Ufc8581...is this your first cycle???

----------


## ufc8581

yea its my first cycle

----------


## Standby

get up the pics bro. congratz on the gains cant wait to see the outcome

----------


## rapidoo15

Keep up the good work dude, cant wait to see the outcome.

----------


## ufc8581

thanks guys ill be getting pics up this week promise

----------


## dec11

> thanks guys ill be getting pics up this week promise


rem tht squat vid too!!

----------


## ufc8581

thatll be weds

----------


## ufc8581

the first three pics r from the end of dec from when i first started cutting natty ... the last pic is from tonight im on fourth week now .. ill post better best later this week but this is what i got for now

----------


## ufc8581

im down to about 11% bf now and weighing 233

----------


## ufc8581

as many of u that wanted me to post pic i post them n now no ones comments lol

----------


## rapidoo15

Thats a crazy transformation bro, but post some full body pics also the pic in your avator is you now?

----------


## The Wolfman

Bad pictures, especially the last once.
Show your whole body for a better view. 
You don't look like 11% in the last pictures either, but that could be due to the bad photos.

----------


## ufc8581

yea i know they are bad pics .. and ill get full body pics later this week .. thats jus what i had atm ... well the 11% is from one of them hand held testers which is a piece of crap i kjnow but i started at 20% with it ... everyone in the gym cant belive how much ive grown and cut at the same time .. i know i measured my arms before and they was like 17 n now they are over 18 ...my upper abs are starting to show a lil and lower still has a little bf left to drop but comeing off very nicely .. them love handles are almost gone.. but like i said better pic by end of the week ..

----------


## BgMc31

I would love to see 585 squat for 15. Most of the best strength athletes in the world can't do this. Especially at such a low body weight. Are we talking about real squats, hack squats, some type of machine squats, or you're only going down a couple inches. Video proof, please.

----------


## ufc8581

its squat rack squats bro but now its not full squat i got about half way to about 3/4 way down .. now take a plate off and i can do full squats at 495 for set of 15

----------


## dec11

mate no harm, but im a former national powerlifter and theres no way you are squatting that type of weight, i dont even believe the 495lbs unless you are just bending your knees 1"
i know guys who went european level and dont even squat those sorta reps, sorry but i call BS

----------


## ufc8581

hey u can call it whatever u want bro i really dont care .. u dont have to believe me if u dont want ..thats you i mean really why would i have to lie about the weight have no reason to .. ive always been strong on squats and i say always .. i go heavy as i can and hard as i can sometimes i push my self so hard on legs i almost pass out .. and before i started cycle i could do 4 reps at 495 full squat then each week i was able to do more like first week i got 6 then next i got 9 then the next i push out 15 .. ne ways i dont have to defned myself on a computer this is like my long book .. u can have ur doubts o well

----------


## BgMc31

So you're telling me that at your bodyweight you can rep more than 3 time America's strongest man, Derek Poundstone who struggled with 600 for 7 (tore his quad on the 8th rep)?

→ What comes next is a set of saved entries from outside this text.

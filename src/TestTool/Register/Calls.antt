-- ===== src/TestTool/Register/Calls.antt =====
-- What the handlers of Main.tsx do once the wallet has the credential: the transaction, the request
-- for the signature and the proof for the wallet.
use Prim.Native.Char.{code}
use concordium_web3id.Common.{
  String, Option, none, some, List, [], ◌∷◌, Result, ok, err, ◌>>=◌, ◌==◌, if◌then◌else◌,
}
use concordium_web3id.Registry.Types.{Index, Error, Transaction}
use concordium_web3id.Registry.Writing.{issue_credential}
use concordium_web3id.TestTool.Hex.{hex_to_bytes}
use concordium_web3id.TestTool.Backend.{Fetch, Answer, request_signature}
use concordium_web3id.TestTool.Register.{
  Scenario, delayed, wrong_proof, Inputs, Shown, with_error, Credential, Commitments, Signed, Proof,
  no_contract,
}

-- `id.replace(prefix, '')` takes the first occurrence of the prefix out.
unfoldable pub drop_prefix : String → String → Option String
drop_prefix String.[] s = some s
drop_prefix (String.◌∷◌ c p) String.[] = none
drop_prefix (String.◌∷◌ c p) (String.◌∷◌ d s) = if code c == code d then drop_prefix p s else none

unfoldable pub take_out : String → String → String
unfolding drop_prefix
take_out p String.[] = ""
take_out p (String.◌∷◌ c s) = elim (drop_prefix p (String.◌∷◌ c s)) [
  | some rest ↦ rest
  | none ↦ String.◌∷◌ c (take_out p s)
]

abbrev pub did_prefix : String
did_prefix = "did:ccd:testnet:pkc:"

unfoldable pub key_of_id : String → String
unfolding take_out
key_of_id id = take_out did_prefix id

abbrev pub commitments_of : {Big : Type 0} → Index → Credential Big → String → Commitments Big
commitments_of n c id = record {
  attributes = c.attributes;
  holder_id = key_of_id id;
  index = n;
  subindex = 0;
}

-- `setCredentialPublicKey`, as the wallet calls back with the credential's id.
unfoldable pub called : String → Shown → Shown
unfolding key_of_id
called id s = record {
  tx_hash = s.tx_hash;
  transaction_error = s.transaction_error;
  credential_public_key = key_of_id id;
  parsing_error = s.parsing_error;
}

abbrev pub again : Shown → Shown
again s = record {
  tx_hash = "";
  transaction_error = "";
  credential_public_key = s.credential_public_key;
  parsing_error = s.parsing_error;
}

module _ {Schema Keys : Type 0} (iso_string : String → Option String) where
  -- The transaction that the contract's registration is sent in, or what `issueCredential` throws.
  unfoldable pub registration_for :
      Inputs → Index → (key : String) → Result Error (Transaction Schema Keys)
  unfolding issue_credential hex_to_bytes
  registration_for i n key =
      issue_credential iso_string i.account key i.has_expiry i.valid_from i.valid_until
        i.metadata_url i.is_holder_revocable (some n) (hex_to_bytes i.auxiliary_data)

  -- What the call back sends before it asks for the signature.
  unfoldable pub register :
      Scenario → Inputs → Index → (id : String) → Option (Result Error (Transaction Schema Keys))
  unfolding registration_for key_of_id
  register delayed i n id = none
  register _ i n id = some (registration_for i n (key_of_id id))

  -- The second button of step 11, with what it shows if no contract is set.
  unfoldable pub issue_delayed :
      Inputs → Shown → Shown × Option (Result Error (Transaction Schema Keys))
  unfolding registration_for
  issue_delayed i s =
      let reset = again s in
      elim i.index [
        | none ↦ (with_error no_contract reset, none)
        | some n ↦ (reset, some (registration_for i n s.credential_public_key))
      ]

-- `tx.then(setTxHash).catch(...)`, for the transaction's hash or the message of the error.
unfoldable pub settled : Result String String → Shown → Shown
settled (err message) s = with_error message s
settled (ok hash) s = record {
  tx_hash = hash;
  transaction_error = s.transaction_error;
  credential_public_key = s.credential_public_key;
  parsing_error = s.parsing_error;
}

-- The names of the constant commitments in the randomness of step 12, with their values.
abbrev pub constant_randomness : List (String × String)
constant_randomness =
    ("Hello", "2d5bbf82232465715f23396f4ece8ccc40ad178b7262d01aad97c9de5380ae07")
    ∷ ("No", "0cc9acd652b6c29aaff42bcf8da242afee622262b0d3e37f17c57ac8d4ae42d9")
    ∷ ("Three", "1fad03391f7c8d72980e53a44e0782f58822eb74f06ff2c7e9e09e6b08f7ca73")
    ∷ []

module _ {Big : Type 0} (stringify : Commitments Big → String) (api : String)
    (backend : Fetch → Answer (Signed (List (String × String)))) where
  -- What the call back returns to the wallet, or the message of what it throws.
  unfoldable pub reply :
      Scenario
      → Inputs
      → Index
      → Credential Big
      → (id : String) → Result String (Proof (List (String × String)))
  unfolding request_signature
  reply wrong_proof i n c id = ok (record {
    verification_method = id;
    proof_value =
        "e8c3944d6a9a19e74ad3ef028b04c0637756540306aba8842000f557cbfb7415187f907d26f20474081d4084fc8e5ff14167171f65fac76b06508ae46f55aa05";
    randomness = constant_randomness;
  })
  reply _ i n c id =
      request_signature api i.seed (stringify (commitments_of n c id)) backend >>= λ signed.
      ok (record {
        verification_method = id;
        proof_value = signed.signature;
        randomness = signed.randomness;
      })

I'll ask you the same question, why exaggerate your weights? It makes no sense. But your claims are absolutely unbelievable and not only have I been a nationally ranked powerlifter, but I was a nationally ranked strongman as well. I've trained with some of the strongest men on the planet, and those numbers you're suggesting are world class and simply unbelievable. YOu can always shut us all up by posting video.

----------


## dec11

> So you're telling me that at your bodyweight you can rep more than 3 time America's strongest man, Derek Poundstone who struggled with 600 for 7 (tore his quad on the 8th rep)? I'll ask you the same question, why exaggerate your weights? It makes no sense. But your claims are absolutely unbelievable and not only have I been a nationally ranked powerlifter, but I was a nationally ranked strongman as well. I've trained with some of the strongest men on the planet, and those numbers you're suggesting are world class and simply unbelievable. YOu can always shut us all up by posting video.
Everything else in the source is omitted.